Tratam-se de crianças com idades entre 3 e 7 anos que, por contingências da vida, não
corresponderam ao ideal parental – seja por efeito de uma lesão real ou por uma lesão
fantasmática – e atravessam dificuldades quanto à inscrição na filiação, posto que os pais
padecem efeitos de destituição de suas funções simbólicas. São crianças que vivenciam
percalços no desenvolvimento dos aspectos estruturais e instrumentais, em que não há
ainda um eu constituído e o brincar também, até então, não está instituído ou é pouco
apresentado à criança (porque os pais não o sabem fazê-lo ou como introduzir o lúdico
nas ações que a criança lhes apresenta).
Convém de início pontuar uma particularidade que perpassa este dispositivo
clínico. O trabalho do AT tem sua especificidade marcada pela intervenção clínica em
abordagem interdisciplinar, com a família e o paciente. No que diz respeito a este
trabalho, o encaminhamento para um acompanhamento terapêutico, comumente, se
efetuou pela fonoaudióloga e/ou psicanalista que já acompanhavam estas crianças no
consultório. Decisão efetivada por ambas, tanto por ser um dispositivo clínico a mais face
aos entraves da resistência ao tratamento entrepostos pelos pais, como também por
considerarem os espaços simbólicos da criança como potencialmente favoráveis à
constituição do sujeito, seu desenvolvimento cognitivo, psíquico, afetivo.
1
Mestranda do Programa de Pós-graduação da Universidade Federal de Alagoas (IP/UFAL), integrante do
Grupo de Pesquisa Psicanálise, Clínica e Contemporaneidade (IP/UFAL), bolsista da Coordenação de
Aperfeiçoamento de Pessoal de Nível Superior (CAPES). Psicóloga membro do Studio de Psicanálise.
2
Doutor em Psicologia Clínica pela Pontifícia Universidade Católica de São Paulo (PUC-SP, 2002).
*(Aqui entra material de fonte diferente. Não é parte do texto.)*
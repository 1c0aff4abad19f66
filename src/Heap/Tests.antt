-- ===== src/Heap/Tests.antt =====
-- The allocator on a heap of 1024 bytes at 0x1000, and its theorems there.
use hatcher.Base.{
  ℕ, ◌+◌, ◌-◌, ◌^◌, ◌≤◌, ◌≡◌, refl, Bool, true, false, none, some, List, [], ◌∷◌, arith,
}
use hatcher.Effect.{Returns, ok}
use hatcher.Heap.{Block, Heap, update, block_size, align16, kmalloc, kfree}
use hatcher.Heap.Spec.{Seg, seg, alloc, alloc_at, release, has_block, absorb_next}
use hatcher.Heap.Malloc.{IsHeap, kmalloc-alloc}
use hatcher.Heap.Free.{kfree-release}
use hatcher.Heap.Joined.{IsJoined}
use hatcher.Heap.Busy.{busy_blocks, Adds}
use hatcher.Heap.Blocks.{block_at}
use hatcher.Heap.Client.{kmalloc_in_use, kfree-kmalloc, kfree_keeps, heap_stays-IsJoined}

abbrev header : ℕ → Bool → ℕ → ℕ → Block
header size free next prev = record { size = size; free = free; next = next; prev = prev }

abbrev empty : Heap
empty = record {
  heap_head = 0;
  heap_base = 0;
  heap_total_size = 0;
  header = λ _. none;
  byte = λ _. 0;
}

-- After `heap_init(0x1000, 1024)`.
abbrev fresh : Heap
fresh = record {
  heap_head = 0x1000;
  heap_base = 0x1000;
  heap_total_size = 1024;
  header = update (λ _. none) 0x1000 (some (header 992 true 0 0));
  byte = λ _. 0;
}

fresh-IsHeap : IsHeap fresh (seg 992 true ∷ [])
fresh-IsHeap = record {
  chain = (refl, refl);
  head = refl;
  nonempty = omega arith;
  low = omega arith;
  high = omega arith;
}

-- Three blocks: one in use, a free one, one in use.
abbrev three : List Seg
three = seg 112 false ∷ seg 64 true ∷ seg 752 false ∷ []

abbrev busy : Heap
busy = record fresh {
  header =
      update
        (update (update (λ _. none) 0x1000 (some (header 112 false 4240 0))) 4240
          (some (header 64 true 4336 0x1000)))
        4336 (some (header 752 false 0 4240));
}

busy-IsHeap : IsHeap busy three
busy-IsHeap = record {
  chain = (refl, (refl, (refl, refl)));
  head = refl;
  nonempty = omega arith;
  low = omega arith;
  high = omega arith;
}

-- After `kmalloc(60)`, which takes the free block whole.
abbrev full : Heap
full = record busy { header = update busy.header 4240 (some (header 64 false 4336 0x1000)) }

kmalloc-busy : kmalloc 60 busy ≡ ok (4240 + block_size) full
unfolding kmalloc
kmalloc-busy = refl

kmalloc-alloc_example :
    Returns
      (λ p m'.
        (p ≡ alloc_at (align16 60) busy.heap_base three)
        × IsHeap m' (alloc (align16 60) three)
        × (m'.heap_base ≡ busy.heap_base)
        × (m'.heap_total_size ≡ busy.heap_total_size)
        × ((y : ℕ) → m'.byte y ≡ busy.byte y))
      (kmalloc 60 busy)
kmalloc-alloc_example = kmalloc-alloc busy three 60 busy-IsHeap

kfree-release_example :
    Returns
      (λ _ m'.
        IsHeap m' (release 0x1000 busy.heap_base three)
        × (m'.heap_base ≡ busy.heap_base)
        × (m'.heap_total_size ≡ busy.heap_total_size)
        × ((y : ℕ) → m'.byte y ≡ busy.byte y))
      (kfree (0x1000 + block_size) busy)
    × (kfree 0 busy ≡ ok tt busy)
unfolding has_block
kfree-release_example = kfree-release busy three 0x1000 busy-IsHeap refl

kfree_joins : release 0x1000 0x1000 three ≡ seg 208 true ∷ seg 752 false ∷ []
unfolding release absorb_next
kfree_joins = refl

kmalloc_in_use_example :
    (ts : List Seg) × (k : ℕ) × IsHeap full ts
    × (align16 60 ≤ k)
    × Adds 4240 k (busy_blocks busy.heap_base three) (busy_blocks full.heap_base ts)
kmalloc_in_use_example = kmalloc_in_use 60 4240 busy-IsHeap kmalloc-busy

kfree-kmalloc_example : Returns (λ _ m''. IsHeap m'' three) (kfree (4240 + block_size) full)
kfree-kmalloc_example = kfree-kmalloc 60 4240 busy-IsHeap (refl, (refl, (refl, tt))) kmalloc-busy

kfree_keeps_example :
    Returns
      (λ _ m'.
        IsHeap m' (release 0x1000 busy.heap_base three)
        × (block_at 4336 m'.heap_base (release 0x1000 busy.heap_base three) ≡ some (seg 752 false)))
      (kfree (0x1000 + block_size) busy)
unfolding has_block
kfree_keeps_example = kfree_keeps busy three 0x1000 4336 752 busy-IsHeap refl (omega arith) refl

heap_stays-IsJoined_example :
    Returns (λ _ m'. (ts : List Seg) × IsHeap m' ts × IsJoined ts) (kmalloc 60 busy)
    × Returns
        (λ _ m'. (ts : List Seg) × IsHeap m' ts × IsJoined ts)
        (kfree (0x1000 + block_size) busy)
unfolding has_block
heap_stays-IsJoined_example =
    heap_stays-IsJoined busy three 60 0x1000 busy-IsHeap (refl, (refl, (refl, tt))) refl

-- A request for 2^64 - 1 bytes is granted, with a block of no bytes.
kmalloc_huge : alloc_at (align16 (2 ^ 64 - 1)) 0x1000 three ≡ 4240 + block_size
unfolding align16 alloc_at
kmalloc_huge = refl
Mestre em Filosofia Contemporânea pela Universidade Federal do Rio Grande do Sul (UFRGS, Porto
Alegre, RS, 1996). Professor permanente no Programa de Mestrado em Psicologia da Universidade Federal
de Alagoas (IP/UFAL, Maceió, AL). Pesquisador e Supervisor em Psicologia Clínica no Curso de
Graduação em Psicologia da UFAL. Psicanalista membro da Associação Psicanalítica de Porto Alegre
(APPOA).
3
Na terapêutica do acompanhamento terapêutico destas crianças corroboramos com o que é defendido por
Alfredo Jerusalinsky (2011) em seu livro Para compreender a criança: chaves psicanalíticas. Jerusalinky
ressalta a posição de que as estruturas clínicas na infância são não-decididas, precisamente, porque na
relação entre sintoma e fantasma no sujeito infantil o tempo lógico aparece lançado para o futuro. Daí
denota a essencialidade de o ato analítico tornar viável o “vir a ser” do sujeito.
Outro mote que justificou o AT, refere-se ao fato de que, desde cedo algumas
crianças se depararam com a solidão, ou com algum modo de privação de laços sociais,
como não ter ‘parceiro’ para realizar atividades cotidianas, não circular em turma de
amigos. O acompanhante terapêutico tem a vantagem, em relação aos demais
profissionais, de transpor os limites dos consultórios e adentrar ao que é familiar a criança,
em seus espaços marcados pela dimensão do lazer e também do conflito.
Nos meandros da clínica do AT com crianças inúmeras possibilidades de
intervenções se descortinam, tornando prenhe de sentidos os termos “clínica a céu aberto”
(PALOMBINI, 2007), ou “clínica em movimento” (PALOMBINI, 2004). Dentre elas
estão: a mediação entre a criança e sua família; a tecitura e/ou reinvestimento de laços
sociais; a intervenção na trama familiar; a fomentação da capacidade de criação; a
invenção ou ampliação dos espaços de circulação da criança.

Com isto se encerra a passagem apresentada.